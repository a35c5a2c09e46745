-- ===== src/Sales.antt =====
-- Sales orders (apps/api/src/sales/sales.service.ts).
pub mod Transitions
pub mod Rounding
pub mod Totals
pub mod Finality
use abyte_tex.Base.{
  ℕ, ◌+◌, ◌*◌, Bool, Option, none, some, List, [], ◌∷◌, ◌&&◌, ◌==◌, ltb, if◌then◌else◌, truthy, any,
  map, every, length, ℤ, pos, ◌+ℤ◌, ◌-ℤ◌, not,
}
use abyte_tex.Http.{Error, Result, ok, err, bad_request, conflict, not_found}
use abyte_tex.Context.{TenantRequestContext, assert_factory_access}
use abyte_tex.Workflow.{assert_valid_transition}
use abyte_tex.Schema
use abyte_tex.Schema.{
  SalesOrder, SalesOrderItem, SalesOrderStatus, sales_order_status, draft, confirmed,
  production_planned, in_production, quality, ready, dispatched, completed, cancelled,
}
use abyte_tex.Database.{
  Prisma, Db, sales_orders, sales_order_items, customers, factories, products, Action, ◌>>=◌, ◌>>◌,
  pure, throw, check, or_throw, reject_if, for_each, log, find_first, find_many, count, create,
  create_unique, update,
}
use abyte_tex.Idempotency.{check_key, record_key}

-- `SALES_ORDER_MANUAL_TRANSITIONS`
unfoldable pub manual_transitions : SalesOrderStatus → List SalesOrderStatus
manual_transitions draft = confirmed ∷ cancelled ∷ []
manual_transitions confirmed = production_planned ∷ cancelled ∷ []
manual_transitions production_planned = in_production ∷ cancelled ∷ []
manual_transitions in_production = quality ∷ cancelled ∷ []
manual_transitions quality = ready ∷ cancelled ∷ []
manual_transitions ready = cancelled ∷ []
manual_transitions dispatched = completed ∷ []
manual_transitions completed = []
manual_transitions cancelled = []

pub record CreateSalesOrderItemDto : Type 0 where
  pub product_id : ℕ
  pub quantity : ℕ
  pub unit : ℕ
  pub unit_price : ℕ
  pub discount : Option ℕ

pub record CreateSalesOrderDto : Type 0 where
  pub factory_id : ℕ
  pub customer_id : ℕ
  pub discount : Option ℕ
  pub tax : Option ℕ
  pub idempotency_key : Option ℕ
  pub items : List CreateSalesOrderItemDto

-- `x ?? 0`
abbrev pub or_zero : Option ℕ → ℕ
or_zero none = 0
or_zero (some n) = n

-- In units of 10⁻⁵, as are the sums.
unfoldable pub line_total : CreateSalesOrderItemDto → ℤ
line_total i = pos (i.quantity * i.unit_price) -ℤ pos (1000 * or_zero i.discount)

unfoldable pub sum_line_totals : List CreateSalesOrderItemDto → ℤ
sum_line_totals [] = pos 0
sum_line_totals (i ∷ is) = line_total i +ℤ sum_line_totals is

unfoldable pub order_total : CreateSalesOrderDto → ℤ
order_total dto =
    sum_line_totals dto.items -ℤ pos (1000 * or_zero dto.discount) +ℤ pos (1000 * or_zero dto.tax)

-- The size of `new Set(ids)`, and the test `ids.includes(id)`.
abbrev pub distinct : List ℕ → ℕ
distinct [] = 0
distinct (x ∷ xs) = if any (λ y. y == x) xs then distinct xs else distinct xs + 1

-- `@@unique([tenantId, orderNumber])`
abbrev pub same_number : SalesOrder → SalesOrder → Bool
same_number o p = (p.tenant_id == o.tenant_id) && (p.order_number == o.order_number)

-- The rows as the columns store them.
module _ ⦃P : Prisma⦄ where
  abbrev pub order_row : CreateSalesOrderDto → ℕ → ℕ → ℕ → SalesOrder
  order_row dto order_number t i = record {
    id = i;
    tenant_id = t;
    factory_id = dto.factory_id;
    order_number = order_number;
    customer_id = dto.customer_id;
    status = draft;
    subtotal = P.to_cents (sum_line_totals dto.items);
    discount = or_zero dto.discount;
    tax = or_zero dto.tax;
    total = P.to_cents (order_total dto);
  }

  abbrev pub item_row : ℕ → CreateSalesOrderItemDto → ℕ → ℕ → SalesOrderItem
  item_row order_id dto t i = record {
    id = i;
    sales_order_id = order_id;
    product_id = dto.product_id;
    quantity = dto.quantity;
    unit = dto.unit;
    unit_price = dto.unit_price;
    discount = or_zero dto.discount;
    line_total = P.to_cents (line_total dto);
    delivered_qty = 0;
  }

module _ ⦃P : Prisma⦄ (ctx : TenantRequestContext) where
  unfoldable pub get_by_id : ℕ → Action SalesOrder
  get_by_id id = do
    found ← find_first sales_orders ctx (λ o. o.id == id)
    order ← or_throw found not_found
    check (assert_factory_access ctx.factory_ids (some order.factory_id))
    pure order

  -- The items that the order's queries include.
  abbrev pub items_of : ℕ → Action (List SalesOrderItem)
  items_of order_id = find_many sales_order_items ctx (λ i. i.sales_order_id == order_id)

  unfoldable pub generate_order_number : Action ℕ
  generate_order_number = do n ← count sales_orders ctx (λ o. Bool.true); pure (n + 1)

  unfoldable pub insert_order : CreateSalesOrderDto → Action SalesOrder
  insert_order dto = do
    order_number ← generate_order_number
    order ← create_unique sales_orders same_number ctx (order_row dto order_number)
    for_each dto.items (λ i. create sales_order_items ctx (item_row order.id i) >>= λ _. pure tt)
    log ctx Schema.AuditAction.create Schema.sales_order order.id
    record_key ctx Schema.sales_order_create dto.idempotency_key order.id
    pure order

  unfoldable pub create_order : CreateSalesOrderDto → Action SalesOrder
  create_order dto = do
    or_throw (truthy ctx.tenant_id) conflict
    existing_id ← check_key ctx Schema.sales_order_create dto.idempotency_key
    elim (truthy existing_id) [
      | some id ↦ get_by_id id
      | none ↦ do
        check (assert_factory_access ctx.factory_ids (some dto.factory_id))
        customer ← find_first customers ctx (λ c. c.id == dto.customer_id)
        or_throw customer not_found
        factory ← find_first factories ctx (λ f. f.id == dto.factory_id)
        or_throw factory not_found
        found ← find_many products ctx (λ p. any (λ i. i.product_id == p.id) dto.items)
        reject_if (not (length found == distinct (map (λ i. i.product_id) dto.items))) not_found
        insert_order dto
    ]

  -- Writes a status to an order, and the audit log.
  abbrev set_status : ℕ → SalesOrderStatus → Action SalesOrder
  set_status id next = do
    updated ← update sales_orders ctx (λ o. o.id == id) (λ o. record o { status = next })
    log ctx Schema.AuditAction.update Schema.sales_order id
    pure updated

  unfoldable pub advance_to : ℕ → SalesOrderStatus → Action SalesOrder
  advance_to id next = do
    existing ← get_by_id id
    check (assert_valid_transition manual_transitions existing.status next)
    set_status id next

  unfoldable pub complete : ℕ → Action SalesOrder
  complete id = do
    existing ← get_by_id id
    check (assert_valid_transition manual_transitions existing.status completed)
    items ← items_of id
    reject_if (any (λ i. ltb i.delivered_qty i.quantity) items) bad_request
    set_status id completed

  unfoldable pub cancel : ℕ → Action SalesOrder
  cancel id = do
    existing ← get_by_id id
    check (assert_valid_transition manual_transitions existing.status cancelled)
    set_status id cancelled

  unfoldable pub update_status : ℕ → SalesOrderStatus → Action SalesOrder
  update_status id cancelled = cancel id
  update_status id completed = complete id
  update_status id dispatched = throw bad_request
  update_status id draft = throw bad_request
  update_status id next = advance_to id next
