-- ===== src/Drums/Editor/KeepSelection.antt =====
-- Selecting keeps the invariant: only known ids, and none twice.
use rehearse_kit.Common.{
  All, All-append, All-mono, Bool, List, Option, [], arith, false, if_both, if◌then◌else◌, not,
  refl, true, ◌++◌, ◌∙◌, ◌∷◌, ◌≡◌, Bool-cases, inl, inr,
}
use rehearse_kit.Drums.Double.{Double, min_js, max_js}
use rehearse_kit.Drums.Types.{HitId, DrumEvent, Articulation, id_eq}
use rehearse_kit.Drums.Hits.{has, any_of, keep, ids_of, without, dedupe, same_ids}
use rehearse_kit.Drums.Hits.Ids.{
  Within, Distinct, Within-keep, Within-refl, Within-mono, Distinct-keep, Distinct-dedupe,
  Distinct-append, All-keep, has-keep, id_eq_refl,
}
use rehearse_kit.Drums.Editor.{EditorState, SelectMode, replace, extend, toggle}
use rehearse_kit.Drums.Editor.Validity.{IsValid}
use rehearse_kit.Drums.Editor.Selecting.{
  toggle_id, toggle_all, select_with, set_selection, do_select, scan_range, do_select_range, wanted,
}

-- A selection: ids of the list, none twice.
abbrev IsSelection : List HitId → List HitId → Type 0
IsSelection known sel = Within known sel × Distinct sel

has_cons : (x : HitId) (xs : List HitId) (id : HitId) → has xs id ≡ true → has (x ∷ xs) id ≡ true
unfolding has any_of
has_cons x xs id e = ground arith

has_head : (x : HitId) (xs : List HitId) → has (x ∷ xs) x ≡ true
unfolding has any_of
has_head x xs = ground (arith, id_eq_refl x)

All-dedupe : (P : HitId → Type 0) (xs : List HitId) → All P xs → All P (dedupe xs)
unfolding dedupe
All-dedupe P [] h = tt
All-dedupe P (x ∷ xs) (p, h) = (p, All-keep P _ (dedupe xs) (All-dedupe P xs h))

extend-IsSelection :
    (known sel given : List HitId)
    → IsSelection known sel
    → IsSelection known given
    → IsSelection known (without sel given ++ given)
unfolding without
extend-IsSelection known sel given (w, k) (w', k') = (
  All-append _ (keep _ sel) given (All-keep _ _ sel w) w',
  Distinct-append (keep _ sel) given (Distinct-keep _ sel k) k' (
      All-mono (λ id. has given id ≡ true) _
        (λ id e. has-keep (λ id. not (has given id)) sel id ∙ ground arith) given
        (Within-refl given)),
)

has-toggle_id :
    (id x : HitId) (sel : List HitId)
    → has sel x ≡ false
    → id_eq x id ≡ false
    → has (toggle_id id sel) x ≡ false
unfolding toggle_id has any_of
has-toggle_id id x [] h e = ground arith
has-toggle_id id x (y ∷ sel) h e = ground (arith, has-toggle_id id x sel)

toggle_id-IsSelection :
    (known : List HitId) (id : HitId) (sel : List HitId)
    → has known id ≡ true
    → IsSelection known sel
    → IsSelection known (toggle_id id sel)
unfolding toggle_id
toggle_id-IsSelection known id [] h k = ((h, tt), (unfold has any_of in refl, tt))
toggle_id-IsSelection known id (x ∷ sel) h ((w, ws), (k, ks)) =
    let ih = toggle_id-IsSelection known id sel h (ws, ks) in
    elim (Bool-cases (id_eq x id)) [
      | inl e ↦ rw e (ws, ks)
      | inr e ↦ rw e ((w, ih.0), (has-toggle_id id x sel k e, ih.1))
    ]

toggle_all-IsSelection :
    (known given sel : List HitId)
    → Within known given
    → IsSelection known sel
    → IsSelection known (toggle_all given sel)
unfolding toggle_all
toggle_all-IsSelection known [] sel h k = k
toggle_all-IsSelection known (id ∷ given) sel (h, hs) k =
    toggle_all-IsSelection known given (toggle_id id sel) hs
      (toggle_id-IsSelection known id sel h k)

select_with-IsSelection :
    (known given sel : List HitId) (mode : SelectMode)
    → IsSelection known given
    → IsSelection known sel
    → IsSelection known (select_with mode given sel)
unfolding select_with
select_with-IsSelection known given sel replace g k = g
select_with-IsSelection known given sel extend g k = extend-IsSelection known sel given k g
select_with-IsSelection known given sel toggle g k = toggle_all-IsSelection known given sel g.0 k

module _ {F : Type 0} ⦃d : Double F⦄ where
  has-scan_range :
      (lo hi : F) (arts : Option (List Articulation)) (hits : List (DrumEvent F)) (id : HitId)
      → has (ids_of hits) id ≡ false
      → has (scan_range lo hi arts hits) id ≡ false
  unfolding scan_range has any_of
  has-scan_range lo hi arts [] id h = refl
  has-scan_range lo hi arts (g ∷ hits) id h = ground (arith, has-scan_range lo hi arts hits id)

  scan_range-IsSelection :
      (lo hi : F) (arts : Option (List Articulation)) (hits : List (DrumEvent F))
      → Distinct (ids_of hits)
      → IsSelection (ids_of hits) (scan_range lo hi arts hits)
  unfolding scan_range
  scan_range-IsSelection lo hi arts [] k = (tt, tt)
  scan_range-IsSelection lo hi arts (g ∷ hits) (k, ks) =
      let (w, once) = scan_range-IsSelection lo hi arts hits ks in
      let known = g.id ∷ ids_of hits in
      let weak = Within-mono (ids_of hits) known _ (λ id e. has_cons g.id (ids_of hits) id e) w in
      if_both (IsSelection known) (d.lt g.t lo) _ _ (weak, once)
        (if_both (IsSelection known) (d.lt hi g.t) _ _ (tt, tt)
          (if_both (IsSelection known) (wanted arts g.art) _ _
            ((has_head g.id (ids_of hits), weak), (has-scan_range lo hi arts hits g.id k, once))
            (weak, once)))

  module _ (s : EditorState F) (v : IsValid s) where
    set_selection-IsValid :
        (sel : List HitId) → IsSelection (ids_of s.hits.items) sel → IsValid (set_selection s sel)
    unfolding set_selection
    set_selection-IsValid sel (w, k) = if_both IsValid (same_ids sel s.selection) _ _ v (record {
      current = v.current;
      backward = v.backward;
      forward = v.forward;
      start = v.start;
      start_past = v.start_past;
      start_future = v.start_future;
      known = w;
      selected_once = k;
      capped = v.capped;
      start_capped = v.start_capped;
      measured = v.measured;
    })

    pub do_select-IsValid : (ids : List HitId) (mode : SelectMode) → IsValid (do_select s ids mode)
    unfolding do_select
    do_select-IsValid ids mode =
        let known = ids_of s.hits.items in
        let given = dedupe (keep (has known) ids) in
        set_selection-IsValid (select_with mode given s.selection) (
          select_with-IsSelection known given s.selection mode
            (
              All-dedupe _ (keep (has known) ids) (Within-keep known ids),
              Distinct-dedupe (keep (has known) ids),
            )
            (v.known, v.selected_once))

    pub do_select_range-IsValid :
        (t0 t1 : F) (arts : Option (List Articulation)) (adding : Bool)
        → IsValid (do_select_range s t0 t1 arts adding)
    unfolding do_select_range
    do_select_range-IsValid t0 t1 arts adding =
        let known = ids_of s.hits.items in
        let found = scan_range (min_js t0 t1) (max_js t0 t1) arts s.hits.items in
        let sel =
          scan_range-IsSelection (min_js t0 t1) (max_js t0 t1) arts s.hits.items
            v.current.distinct in
        set_selection-IsValid (if adding then without s.selection found ++ found else found) (
          if_both (IsSelection known) adding _ _
            (extend-IsSelection known s.selection found (v.known, v.selected_once) sel) sel)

---

Quote the records above exactly, from the first line through the line containing "pub unit_price : ℕ", and nothing more.

### Exercise solution
repository a35c5a2c09e46745
-- ===== src/Sales.antt =====
-- Sales orders (apps/api/src/sales/sales.service.ts).
pub mod Transitions
pub mod Rounding
pub mod Totals
pub mod Finality
use abyte_tex.Base.{
  ℕ, ◌+◌, ◌*◌, Bool, Option, none, some, List, [], ◌∷◌, ◌&&◌, ◌==◌, ltb, if◌then◌else◌, truthy, any,
  map, every, length, ℤ, pos, ◌+ℤ◌, ◌-ℤ◌, not,
}
use abyte_tex.Http.{Error, Result, ok, err, bad_request, conflict, not_found}
use abyte_tex.Context.{TenantRequestContext, assert_factory_access}
use abyte_tex.Workflow.{assert_valid_transition}
use abyte_tex.Schema
use abyte_tex.Schema.{
  SalesOrder, SalesOrderItem, SalesOrderStatus, sales_order_status, draft, confirmed,
  production_planned, in_production, quality, ready, dispatched, completed, cancelled,
}
use abyte_tex.Database.{
  Prisma, Db, sales_orders, sales_order_items, customers, factories, products, Action, ◌>>=◌, ◌>>◌,
  pure, throw, check, or_throw, reject_if, for_each, log, find_first, find_many, count, create,
  create_unique, update,
}
use abyte_tex.Idempotency.{check_key, record_key}

-- `SALES_ORDER_MANUAL_TRANSITIONS`
unfoldable pub manual_transitions : SalesOrderStatus → List SalesOrderStatus
manual_transitions draft = confirmed ∷ cancelled ∷ []
manual_transitions confirmed = production_planned ∷ cancelled ∷ []
manual_transitions production_planned = in_production ∷ cancelled ∷ []
manual_transitions in_production = quality ∷ cancelled ∷ []
manual_transitions quality = ready ∷ cancelled ∷ []
manual_transitions ready = cancelled ∷ []
manual_transitions dispatched = completed ∷ []
manual_transitions completed = []
manual_transitions cancelled = []

pub record CreateSalesOrderItemDto : Type 0 where
  pub product_id : ℕ
  pub quantity : ℕ
  pub unit : ℕ
  pub unit_price : ℕ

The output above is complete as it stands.